- Data for the task:
-- ===== src/Delivery/Examples.antt =====
-- A destination, executors and a decoder to run deliveries with, and each theorem on them.
use fragments_engine.Common.{◌≡◌, true, false, some, [], ◌==◌, if◌then◌else◌}
use fragments_engine.Common.Int.{pos, pos_part}
use fragments_engine.Common.Error.{ok, err, plain, delivery_error}
use fragments_engine.Delivery.Types.{Destination, inbox, Fragment, DeliveryResult}
use fragments_engine.Delivery.Policy.{
  JsonDecoder, null, retry_config_for_destination, destination_retry_config,
}
use fragments_engine.Delivery.Policy.Retry.{
  IsUsable, no_defaults, destination_retry_config-IsUsable, retry_config_for_destination-IsUsable,
  retry_config_for_destination-eq-destination_retry_config,
}
use fragments_engine.Delivery.Attempt.{
  Outside, Executor, execute_destination_once, execute_destination_with_retry,
}
use fragments_engine.Delivery.Attempt.Bounds.{Ran, execute_destination_with_retry-Ran}

-- Every document says two attempts and 100 ms.
abbrev pub two_attempts : JsonDecoder
two_attempts = record {
  retry_field = λ kind document. some (record { max_attempts = pos 2; backoff_ms = pos 100 });
  parse = λ document. some null;
}

abbrev pub receipt : DeliveryResult
receipt = record { ref = "ref"; attempts = 0; published_attachments = [] }

-- The first call fails and may be tried again, later ones succeed.
abbrev pub second_time : Executor
second_time call d fragment attachments =
    if call == 0 then err (delivery_error true (plain "503")) else ok receipt

abbrev pub outside : Outside
outside = record {
  json = two_attempts;
  file = second_time;
  mcp = second_time;
  api = second_time;
  cli = second_time;
  callback = second_time;
  cancelled = λ call. false;
}

abbrev pub api_destination : Destination
api_destination = record { id = "d1"; name = "hook"; kind = "api"; config_json = "{}" }

abbrev pub note : Fragment
note = record { id = "f1"; source = "notes"; source_type = "text"; status = inbox }

execute_destination_with_retry-Ran_example :
    Ran
      (λ call. execute_destination_once outside call api_destination note [])
      (λ call. false)
      0
      0
      (pos_part (retry_config_for_destination two_attempts api_destination).max_attempts)
      (execute_destination_with_retry outside 0 api_destination note [])
execute_destination_with_retry-Ran_example =
    execute_destination_with_retry-Ran outside 0 api_destination note []

destination_retry_config-IsUsable_example :
    IsUsable (destination_retry_config two_attempts api_destination no_defaults)
destination_retry_config-IsUsable_example =
    destination_retry_config-IsUsable two_attempts api_destination no_defaults

retry_config_for_destination-IsUsable_example :
    IsUsable (retry_config_for_destination two_attempts api_destination)
retry_config_for_destination-IsUsable_example =
    retry_config_for_destination-IsUsable two_attempts api_destination

retry_config_for_destination-eq-destination_retry_config_example :
    retry_config_for_destination two_attempts api_destination
    ≡ destination_retry_config two_attempts api_destination no_defaults
retry_config_for_destination-eq-destination_retry_config_example =
    retry_config_for_destination-eq-destination_retry_config two_attempts api_destination
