-- ===== src/Store/Action.antt =====
-- Actions on the database: a result, and the tables after it.
pub mod Preserves
pub mod Hoare
pub mod Reads
pub mod Returns
use fragments_engine.Common.{
  ℕ, String, Bool, true, false, Option, List, [], ◌∷◌, str_eq, if◌then◌else◌,
}
use fragments_engine.Common.Error.{Err, plain, wrap, Result, ok, err}
use fragments_engine.Delivery.Types.{
  Destination, FragmentStatus, FragmentAttachment, PublishedAttachment,
}

pub record Route : Type 0 where
  pub id : String
  pub name : String
  pub match_source : String
  pub match_type : String
  pub match_entity_kind : String
  pub match_entity_value : String
  pub destination_id : String
  pub auto_route : Bool

pub record FragmentEntity : Type 0 where
  pub kind : String
  pub value : String

pub record AttachmentCollision : Type 0 where
  pub attachment_id : String
  pub previous_route_id : String

-- What `deliveryReasonPayload` holds before it is written as JSON; an empty field is left out there.
pub record ReasonPayload : Type 0 where
  pub entity_kind : String
  pub entity_value : String
  pub attempts : ℕ
  pub ref : String
  pub error : Option Err
  pub destination_kind : String
  pub attachment_collisions : List AttachmentCollision

-- A text, or a prefix with an encoded payload.
pub data Reason : Type 0 where
  words : String → Reason
  encoded : String → ReasonPayload → Reason

pub record RouteLogEntry : Type 0 where
  pub fragment_id : String
  pub route_id : String
  pub destination_id : String
  pub decision : String
  pub reason : Reason
  pub created_at : ℕ

-- A row of `queue_job_events`.
pub record QueueJobEvent : Type 0 where
  pub failed_job_id : Option ℕ
  pub fragment_id : String
  pub route_id : String
  pub destination_id : String
  pub event_type : String
  pub attempts : ℕ
  pub error : Option Err
  pub ref : String
  pub created_at : ℕ

pub record InboxItem : Type 0 where
  pub reason : String
  pub staged_at : ℕ
  pub route_id : Option String

-- The columns `source` and `source_type` of a fragment's row.
pub record FragmentOrigin : Type 0 where
  pub source : String
  pub source_type : String

-- `faults` says of each statement to come whether it fails; past its end none does. `calls` counts
-- the executor calls made, `now` is the clock.
pub record World (Q : Type 0) : Type 0 where
  pub faults : List Bool
  pub calls : ℕ
  pub now : ℕ
  pub status : String → Option FragmentStatus
  pub aliases : String → Option String
  pub inbox : String → Option InboxItem
  pub route_log : List RouteLogEntry
  pub routes : List Route
  pub destinations : String → Option Destination
  pub origins : String → FragmentOrigin
  pub entities : String → List FragmentEntity
  pub attachments : String → List FragmentAttachment
  pub published : String → String → Option PublishedAttachment
  pub events : List QueueJobEvent
  pub queue : Q

-- An SQL error.
abbrev pub statement_failed : Err
statement_failed = plain "statement failed"

abbrev pub Action : Type 0 → Type 0 → Type 0
Action Q A = World Q → Result A × World Q

module _ {Q A : Type 0} where
  unfoldable pub pure : A → Action Q A
  pure a w = (ok a, w)

  unfoldable pub raise : Err → Action Q A
  raise e w = (err e, w)

  unfoldable pub lift : Result A → Action Q A
  lift r w = (r, w)

  -- A step outside the database, which cannot fail here.
  unfoldable pub step : (World Q → A × World Q) → Action Q A
  step f w = let (a, w') = f w in (ok a, w')

  -- A SELECT, which may fail.
  run_query : List Bool → (World Q → Result A) → Action Q A
  run_query [] f w = (f w, w)
  run_query (false ∷ faults) f w = (f w, record w { faults = faults })
  run_query (true ∷ faults) f w = (err statement_failed, record w { faults = faults })

  unfoldable pub query : (World Q → Result A) → Action Q A
  unfolding run_query
  query f w = run_query w.faults f w

module _ {Q : Type 0} where
  -- An INSERT, UPDATE or DELETE, which may fail and writes nothing then.
  run_write : List Bool → (World Q → World Q) → Action Q (Unit {0})
  run_write [] f w = (ok tt, f w)
  run_write (false ∷ faults) f w = (ok tt, record (f w) { faults = faults })
  run_write (true ∷ faults) f w = (err statement_failed, record w { faults = faults })

  unfoldable pub write : (World Q → World Q) → Action Q (Unit {0})
  unfolding run_write
  write f w = run_write w.faults f w

module _ {Q A B : Type 0} where
  abbrev pub continue : Result A → (A → Action Q B) → Action Q B
  continue (ok a) f w = f a w
  continue (err e) f w = (err e, w)

  infixl 5 ◌>>=◌ ◌>>◌
  unfoldable pub ◌>>=◌ : Action Q A → (A → Action Q B) → Action Q B
  ◌>>=◌ m f w = let (r, w') = m w in continue r f w'

  abbrev pub ◌>>◌ : Action Q A → Action Q B → Action Q B
  m >> k = m >>= λ _. k

  -- `if err := m(); err == nil { … } else { … }`.
  handle : Result A → (A → Action Q B) → (Err → Action Q B) → Action Q B
  handle (ok a) f g w = f a w
  handle (err e) f g w = g e w

  unfoldable pub attempt : Action Q A → (A → Action Q B) → (Err → Action Q B) → Action Q B
  unfolding handle
  attempt m f g w = let (r, w') = m w in handle r f g w'

module _ {Q A : Type 0} where
  -- `fmt.Errorf("prefix: %w", err)` around a call.
  abbrev pub wrapped : String → Action Q A → Action Q A
  wrapped prefix m = attempt m pure (λ e. raise (wrap prefix e))

-- A table with the value at one key replaced.
abbrev pub update {ℓ} : {V : Type ℓ} → String → V → (String → V) → String → V
update k v t j = if str_eq k j then v else t j
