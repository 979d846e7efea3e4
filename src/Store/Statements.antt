-- ===== src/Store/Statements.antt =====
-- The repositories' statements.
use fragments_engine.Common.{
  ℕ, String, Option, none, some, List, [], ◌∷◌, ◌++◌, str_eq, if◌then◌else◌,
}
use fragments_engine.Common.Error.{Err, plain, Result, ok, err}
use fragments_engine.Delivery.Types.{
  Destination, FragmentStatus, Fragment, FragmentAttachment, PublishedAttachment,
}
use fragments_engine.Store.Action.{
  Route, FragmentOrigin, FragmentEntity, RouteLogEntry, QueueJobEvent, InboxItem, Action, query,
  write, update, ◌>>=◌,
}

-- `sql.ErrNoRows`.
abbrev pub no_rows : Err
no_rows = plain "sql: no rows in result set"

abbrev pub or_no_rows {ℓ} : {A : Type ℓ} → Option A → Result A
or_no_rows none = err no_rows
or_no_rows (some a) = ok a

-- The upsert of an inbox row keeps the route of a row that is there.
kept_route : Option InboxItem → Option String
kept_route none = none
kept_route (some item) = item.route_id

-- An alias comes first, then the fragment itself; the empty text is no fragment.
abbrev pub canonical : Option String → Option FragmentStatus → String → Option String
canonical (some id) row fragment_id = if str_eq id "" then none else some id
canonical none none fragment_id = none
canonical none (some s) fragment_id = if str_eq fragment_id "" then none else some fragment_id

-- The route with an id.
abbrev pub find_route : String → List Route → Option Route
find_route id [] = none
find_route id (route ∷ routes) =
    let rest = find_route id routes in if str_eq route.id id then some route else rest

-- An UPDATE writes no row that is not there.
abbrev pub set_status : Option FragmentStatus → FragmentStatus → Option FragmentStatus
set_status none s = none
set_status (some old) s = some s

-- The paths of each attachment in turn.
record_paths :
    List PublishedAttachment
    → (String → Option PublishedAttachment)
    → String
    → Option PublishedAttachment
record_paths [] t = t
record_paths (p ∷ ps) t = record_paths ps (update p.attachment_id (some p) t)

abbrev pub fragment_of : String → FragmentOrigin → FragmentStatus → Fragment
fragment_of id origin status = record {
  id = id;
  source = origin.source;
  source_type = origin.source_type;
  status = status;
}

abbrev pub found_fragment : String → FragmentOrigin → Option FragmentStatus → Result Fragment
found_fragment id origin none = err no_rows
found_fragment id origin (some status) = ok (fragment_of id origin status)

module _ {Q : Type 0} where
  -- InboxRepository.Stage: an upsert.
  unfoldable pub stage : String → String → ℕ → Action Q (Unit {0})
  unfolding kept_route
  stage fragment_id reason staged_at = write λ w. record w {
    inbox =
        update fragment_id
          (some (record {
            reason = reason;
            staged_at = staged_at;
            route_id = kept_route (w.inbox fragment_id);
          }))
          w.inbox;
  }

  -- InboxRepository.Remove.
  unfoldable pub remove : String → Action Q (Unit {0})
  remove fragment_id = write λ w. record w { inbox = update fragment_id none w.inbox }

  -- RoutingRepository.LogDecision.
  unfoldable pub log_decision : RouteLogEntry → Action Q (Unit {0})
  log_decision entry = write λ w. record w { route_log = w.route_log ++ entry ∷ [] }

  -- RoutingRepository.ListRoutes and GetDestination, EntityRepository.ListByFragment,
  -- AttachmentRepository.ListByFragment.
  unfoldable pub list_routes : Action Q (List Route)
  list_routes = query λ w. ok w.routes

  -- RoutingRepository.GetRoute.
  unfoldable pub get_route : String → Action Q Route
  get_route id = query λ w. or_no_rows (find_route id w.routes)

  unfoldable pub get_destination : String → Action Q Destination
  get_destination id = query λ w. or_no_rows (w.destinations id)

  unfoldable pub list_entities : String → Action Q (List FragmentEntity)
  list_entities fragment_id = query λ w. ok (w.entities fragment_id)

  unfoldable pub list_attachments : String → Action Q (List FragmentAttachment)
  list_attachments fragment_id = query λ w. ok (w.attachments fragment_id)

  -- FragmentRepository.ResolveCanonicalFragmentID.
  unfoldable pub resolve_canonical_fragment_id : String → Action Q String
  resolve_canonical_fragment_id fragment_id =
      query λ w. or_no_rows (canonical (w.aliases fragment_id) (w.status fragment_id) fragment_id)

  -- FragmentRepository.GetByID.
  unfoldable pub get_by_id : String → Action Q Fragment
  get_by_id fragment_id = do
    id ← resolve_canonical_fragment_id fragment_id
    query λ w. found_fragment id (w.origins id) (w.status id)

  -- FragmentRepository.UpdateStatus.
  unfoldable pub write_status : String → FragmentStatus → Action Q (Unit {0})
  write_status id s =
      write λ w. record w { status = update id (set_status (w.status id) s) w.status }

  unfoldable pub update_status : String → FragmentStatus → Action Q (Unit {0})
  unfolding write_status
  update_status fragment_id s = do id ← resolve_canonical_fragment_id fragment_id; write_status id s

  -- AttachmentRepository.UpdateFragmentAttachmentStoragePaths: one transaction, so it happens whole
  -- or not at all. What it writes to the media tables is left out.
  unfoldable pub update_storage_paths : String → List PublishedAttachment → Action Q (Unit {0})
  unfolding record_paths
  update_storage_paths fragment_id paths = do
    id ← resolve_canonical_fragment_id fragment_id
    write λ w. record w { published = update id (record_paths paths (w.published id)) w.published }

  -- The INSERT of DeliveryQueueService.logEvent.
  unfoldable pub insert_event : QueueJobEvent → Action Q (Unit {0})
  insert_event event = write λ w. record w { events = w.events ++ event ∷ [] }
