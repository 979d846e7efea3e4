-- ===== src/Routing/Reason.antt =====
-- The reasons that route_log records (internal/ingest/delivery_reason.go).
use fragments_engine.Common.{ℕ, String, none, some, []}
use fragments_engine.Common.Error.{Err}
use fragments_engine.Store.Action.{ReasonPayload, Reason, encoded}

abbrev pub empty_payload : ReasonPayload
empty_payload = record {
  entity_kind = "";
  entity_value = "";
  attempts = 0;
  ref = "";
  error = none;
  destination_kind = "";
  attachment_collisions = [];
}

unfoldable pub encode_delivery_reason : String → ReasonPayload → Reason
encode_delivery_reason prefix payload = encoded prefix payload

unfoldable pub encode_queued_delivery_success : ℕ → String → Reason
unfolding encode_delivery_reason
encode_queued_delivery_success attempts ref =
    encode_delivery_reason "queued_delivery_success"
      (record empty_payload { attempts = attempts; ref = ref })

unfoldable pub encode_queued_delivery_dead_letter : ℕ → Err → Reason
unfolding encode_delivery_reason
encode_queued_delivery_dead_letter attempts error =
    encode_delivery_reason "queued_delivery_dead_letter"
      (record empty_payload { attempts = attempts; error = some error })

unfoldable pub encode_delivery_queued : ℕ → Err → Reason
unfolding encode_delivery_reason
encode_delivery_queued attempts error =
    encode_delivery_reason "delivery_queued"
      (record empty_payload { attempts = attempts; error = some error })

unfoldable pub encode_delivery_queued_by_design : String → Reason
unfolding encode_delivery_reason
encode_delivery_queued_by_design kind =
    encode_delivery_reason "delivery_queued_by_design"
      (record empty_payload { destination_kind = kind })

unfoldable pub encode_manual_route_success : String → String → ℕ → String → Reason
unfolding encode_delivery_reason
encode_manual_route_success kind value attempts ref =
    encode_delivery_reason "manual_route_entity" (record empty_payload {
      entity_kind = kind;
      entity_value = value;
      attempts = attempts;
      ref = ref;
    })

unfoldable pub encode_manual_route_error : String → String → ℕ → Err → Reason
unfolding encode_delivery_reason
encode_manual_route_error kind value attempts error =
    encode_delivery_reason "manual_route_error" (record empty_payload {
      entity_kind = kind;
      entity_value = value;
      attempts = attempts;
      error = some error;
    })
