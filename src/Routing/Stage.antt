-- ===== src/Routing/Stage.antt =====
-- What the stages of pipeline.go are built from and run on, and `InboxStage`.
pub mod Staging
use fragments_engine.Common.{ℕ, String, Bool, Option, List}
use fragments_engine.Delivery.Types.{
  DeliveryRetryConfig, FragmentStatus, inbox, routed, indexed, Fragment,
}
use fragments_engine.Delivery.Attempt.{Outside}
use fragments_engine.Store.Action.{FragmentEntity, Action, pure}
use fragments_engine.Store.Statements.{stage}

pub data UpsertOutcome : Type 0 where
  inserted updated skipped : UpsertOutcome

pub record StageContext : Type 0 where
  pub fragment : Fragment
  pub outcome : UpsertOutcome
  pub now : ℕ

-- `DeliveryRetrier`: fragment, route and destination, and the retry policy.
abbrev pub Retrier : Type 0 → Type 0
Retrier Q = String → String → String → DeliveryRetryConfig → Action Q (Unit {0})

-- What the stage is built from. `extract` is `extract.FromFragment`; `has_entities` tells whether
-- the entity repository is there.
pub record RouteStage (Q : Type 0) : Type 0 where
  pub outside : Outside
  pub extract : Fragment → List FragmentEntity
  pub has_entities : Bool
  pub retrier : Option (Retrier Q)

module _ {Q : Type 0} where
  stage_if_inbox : FragmentStatus → StageContext → Action Q (Unit {0})
  stage_if_inbox inbox ctx = stage ctx.fragment.id "awaiting routing" ctx.now
  stage_if_inbox routed ctx = pure tt
  stage_if_inbox indexed ctx = pure tt

  stage_unless_skipped : UpsertOutcome → StageContext → Action Q (Unit {0})
  stage_unless_skipped skipped ctx = pure tt
  stage_unless_skipped inserted ctx = stage_if_inbox ctx.fragment.status ctx
  stage_unless_skipped updated ctx = stage_if_inbox ctx.fragment.status ctx

  -- InboxStage.Run.
  unfoldable pub run_inbox_stage : StageContext → Action Q (Unit {0})
  unfolding stage_unless_skipped stage_if_inbox
  run_inbox_stage ctx = stage_unless_skipped ctx.outcome ctx
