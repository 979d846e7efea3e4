-- ===== src/Routing/RunMatch.antt =====
-- `runMatch` of pipeline.go: one matched route gets its turn.
pub mod Frame
pub mod Silent
pub mod Turn
pub mod Before
pub mod Audit
use fragments_engine.Common.{
  ℕ, ◌+◌, String, Bool, true, false, Option, none, some, List, [], ◌∷◌, str_eq, if◌then◌else◌,
}
use fragments_engine.Common.Error.{Err, plain}
use fragments_engine.Delivery.Types.{
  Destination, Fragment, FragmentAttachment, PublishedAttachment, DeliveryResult,
}
use fragments_engine.Delivery.Policy.{retry_config_for_destination}
use fragments_engine.Delivery.Attempt.{Outside, execute_destination_with_retry}
use fragments_engine.Store.Action.{
  Route, AttachmentCollision, Reason, RouteLogEntry, words, Action, pure, step, attempt, update,
  ◌>>=◌, ◌>>◌,
}
use fragments_engine.Store.Statements.{log_decision, get_destination, update_storage_paths}
use fragments_engine.Routing.Stage.{StageContext, Retrier, RouteStage}
use fragments_engine.Routing.Reason.{
  empty_payload, encode_delivery_reason, encode_delivery_queued, encode_delivery_queued_by_design,
}

-- Which route's match claimed each attachment last in this pass.
abbrev pub Winners : Type 0
Winners = String → Option String

abbrev pub no_winners : Winners
no_winners attachment_id = none

-- The collision of one published attachment, if another route claimed it before.
collision : String → String → Option String → List AttachmentCollision
collision route_id attachment_id none = []
collision route_id attachment_id (some previous) =
    if str_eq previous route_id
    then []
    else record { attachment_id = attachment_id; previous_route_id = previous } ∷ []

abbrev append : List AttachmentCollision → List AttachmentCollision → List AttachmentCollision
append [] ys = ys
append (x ∷ xs) ys = x ∷ append xs ys

-- The loop over the published attachments, which are a map: the list stands in the order of their
-- ids, in which the code sorts the collisions.
unfoldable pub claim :
    String → List PublishedAttachment → Winners → Winners × List AttachmentCollision
unfolding collision
claim route_id [] winners = (winners, [])
claim route_id (p ∷ ps) winners =
    let (winners', collisions) =
      claim route_id ps (update p.attachment_id (some route_id) winners) in
    (winners', append (collision route_id p.attachment_id (winners p.attachment_id)) collisions)

abbrev pub entry : StageContext → Route → String → Reason → RouteLogEntry
entry ctx matched decision reason = record {
  fragment_id = ctx.fragment.id;
  route_id = matched.id;
  destination_id = matched.destination_id;
  decision = decision;
  reason = reason;
  created_at = ctx.now;
}

module _ {Q : Type 0} where
  -- The call of `ExecuteDestinationWithRetry`, which counts the executor calls.
  unfoldable pub execute_destination :
      Outside
      → Destination
      → Fragment
      → List FragmentAttachment
      → Action Q (DeliveryResult × Option Err)
  execute_destination o d fragment attachments = step λ w.
      let out = execute_destination_with_retry o w.calls d fragment attachments in
      (out, record w { calls = w.calls + out.0.attempts })

  pub enqueue_callback :
      Option (Retrier Q) → Outside → StageContext → Route → Destination → Action Q Reason
  enqueue_callback none o ctx matched d = pure (
      encode_delivery_reason "callback_queue_unavailable"
        (record empty_payload { error = some (plain "delivery queue not configured") }))
  enqueue_callback (some enqueue) o ctx matched d =
      attempt
        (enqueue ctx.fragment.id matched.id matched.destination_id
          (retry_config_for_destination o.json d))
        (λ _. pure (encode_delivery_queued_by_design d.kind))
        (λ e. pure (
          encode_delivery_reason "callback_enqueue_error"
            (record empty_payload { error = some e })))

  -- `enqueueCallbackDelivery`: in each case one log entry with the case's reason.
  unfoldable pub enqueue_callback_delivery :
      RouteStage Q → StageContext → Route → Destination → Action Q (Unit {0})
  unfolding enqueue_callback
  enqueue_callback_delivery s ctx matched d = do
    reason ← enqueue_callback s.retrier s.outside ctx matched d
    log_decision (entry ctx matched "inbox" reason)

  pub queue_retry :
      Option (Retrier Q) → Outside → StageContext → Route → Destination → ℕ → Err → Action Q Reason
  queue_retry none o ctx matched d attempts e = pure (
      encode_delivery_reason "destination_error"
        (record empty_payload { attempts = attempts; error = some e }))
  queue_retry (some enqueue) o ctx matched d attempts e =
      attempt
        (enqueue ctx.fragment.id matched.id matched.destination_id
          (retry_config_for_destination o.json d))
        (λ _. pure (encode_delivery_queued attempts e))
        (λ _. pure (
          encode_delivery_reason "destination_error"
            (record empty_payload { attempts = attempts; error = some e })))

  pub store_paths : String → List PublishedAttachment → Action Q (Unit {0})
  store_paths fragment_id [] = pure tt
  store_paths fragment_id (p ∷ ps) = update_storage_paths fragment_id (p ∷ ps)

  finish_match :
      RouteStage Q
      → StageContext
      → Route
      → Destination
      → Winners
      → DeliveryResult × Option Err
      → Action Q (Bool × Winners)
  finish_match s ctx matched d winners (delivery, some e) = do
    reason ← queue_retry s.retrier s.outside ctx matched d delivery.attempts e
    log_decision (entry ctx matched "inbox" reason)
    pure (false, winners)
  finish_match s ctx matched d winners (delivery, none) = do
    let (winners', collisions) = claim matched.id delivery.published_attachments winners
    store_paths ctx.fragment.id delivery.published_attachments
    log_decision (
        entry ctx matched "auto_route" (
          encode_delivery_reason "matched_auto_route" (record empty_payload {
            attempts = delivery.attempts;
            ref = delivery.ref;
            attachment_collisions = collisions;
          })))
    pure (true, winners')

  deliver_match :
      RouteStage Q
      → StageContext
      → Route
      → Fragment
      → List FragmentAttachment
      → Winners
      → Destination
      → Action Q (Bool × Winners)
  deliver_match s ctx matched fragment attachments winners d =
      if str_eq d.kind "callback"
      then (enqueue_callback_delivery s ctx matched d >> pure (false, winners))
      else (execute_destination s.outside d fragment attachments
          >>= finish_match s ctx matched d winners)

  -- Whether the route delivered at once, and the claims after it.
  unfoldable pub run_match :
      RouteStage Q
      → StageContext
      → Route
      → Fragment
      → List FragmentAttachment
      → Winners
      → Action Q (Bool × Winners)
  unfolding deliver_match finish_match queue_retry store_paths
  run_match s ctx matched fragment attachments winners =
      if matched.auto_route
      then (get_destination matched.destination_id
          >>= deliver_match s ctx matched fragment attachments winners)
      else (log_decision (entry ctx matched "inbox" (words "matched_manual_review"))
          >> pure (false, winners))
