-- ===== src/Queue/Types.antt =====
-- What the delivery queue service is built from. The queue driver of hollis-labs/libs, SQLite's JSON
-- and the probe of a destination lie outside and are fields of `Driver` and of the service.
use fragments_engine.Common.{ℕ, String, Bool, Option, List}
use fragments_engine.Common.Int.{ℤ}
use fragments_engine.Common.Error.{Err, Result}
use fragments_engine.Delivery.Types.{Destination, DeliveryConfig, QueueConfig}
use fragments_engine.Delivery.Attempt.{Outside}
use fragments_engine.Store.Action.{Action}

pub record DeliveryJobPayload : Type 0 where
  pub fragment_id : String
  pub route_id : String
  pub destination_id : String
  pub backoff_ms : ℤ

pub record QueuedJob : Type 0 where
  pub id : ℕ
  pub payload : String
  pub attempts : ℕ
  pub max_tries : ℤ

-- A row of `delivery_failed_jobs`.
pub record FailedJob : Type 0 where
  pub id : ℕ
  pub queue : String
  pub job_type : String
  pub payload : String

-- The state `Q` of the driver, its operations, and its two tables as the service's own SQL reads
-- them. `extract` is SQLite's `json_extract(payload, '$.field')`.
pub record Driver (Q : Type 0) : Type 0 where
  pub encode_payload : DeliveryJobPayload → String
  pub decode_payload : String → Result DeliveryJobPayload
  pub extract : String → String → Option String
  pub push : String → String → String → ℤ → Action Q (Unit {0})
  pub pop : String → Action Q (Option QueuedJob)
  pub delete : ℕ → Action Q (Unit {0})
  pub release : ℕ → ℤ → Action Q (Unit {0})
  pub failed : QueuedJob → Err → Action Q (Unit {0})
  pub failed_jobs : Q → List FailedJob
  pub remove_failed : ℕ → Q → Q

-- The fields of `domain.DestinationStatus` that the queue reads.
pub record DestinationStatus : Type 0 where
  pub config_valid : Bool
  pub reachable : Bool

pub record DeliveryQueueService (Q : Type 0) : Type 0 where
  pub driver : Driver Q
  pub outside : Outside
  pub has_attachments : Bool
  pub delivery : DeliveryConfig
  pub cfg : QueueConfig
  pub destination_status : Destination → Action Q DestinationStatus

- Work required: Search the entries for the string "database" and return each line where it turns up.

- Task response:
-- Actions on the database: a result, and the tables after it.
  -- A step outside the database, which cannot fail here.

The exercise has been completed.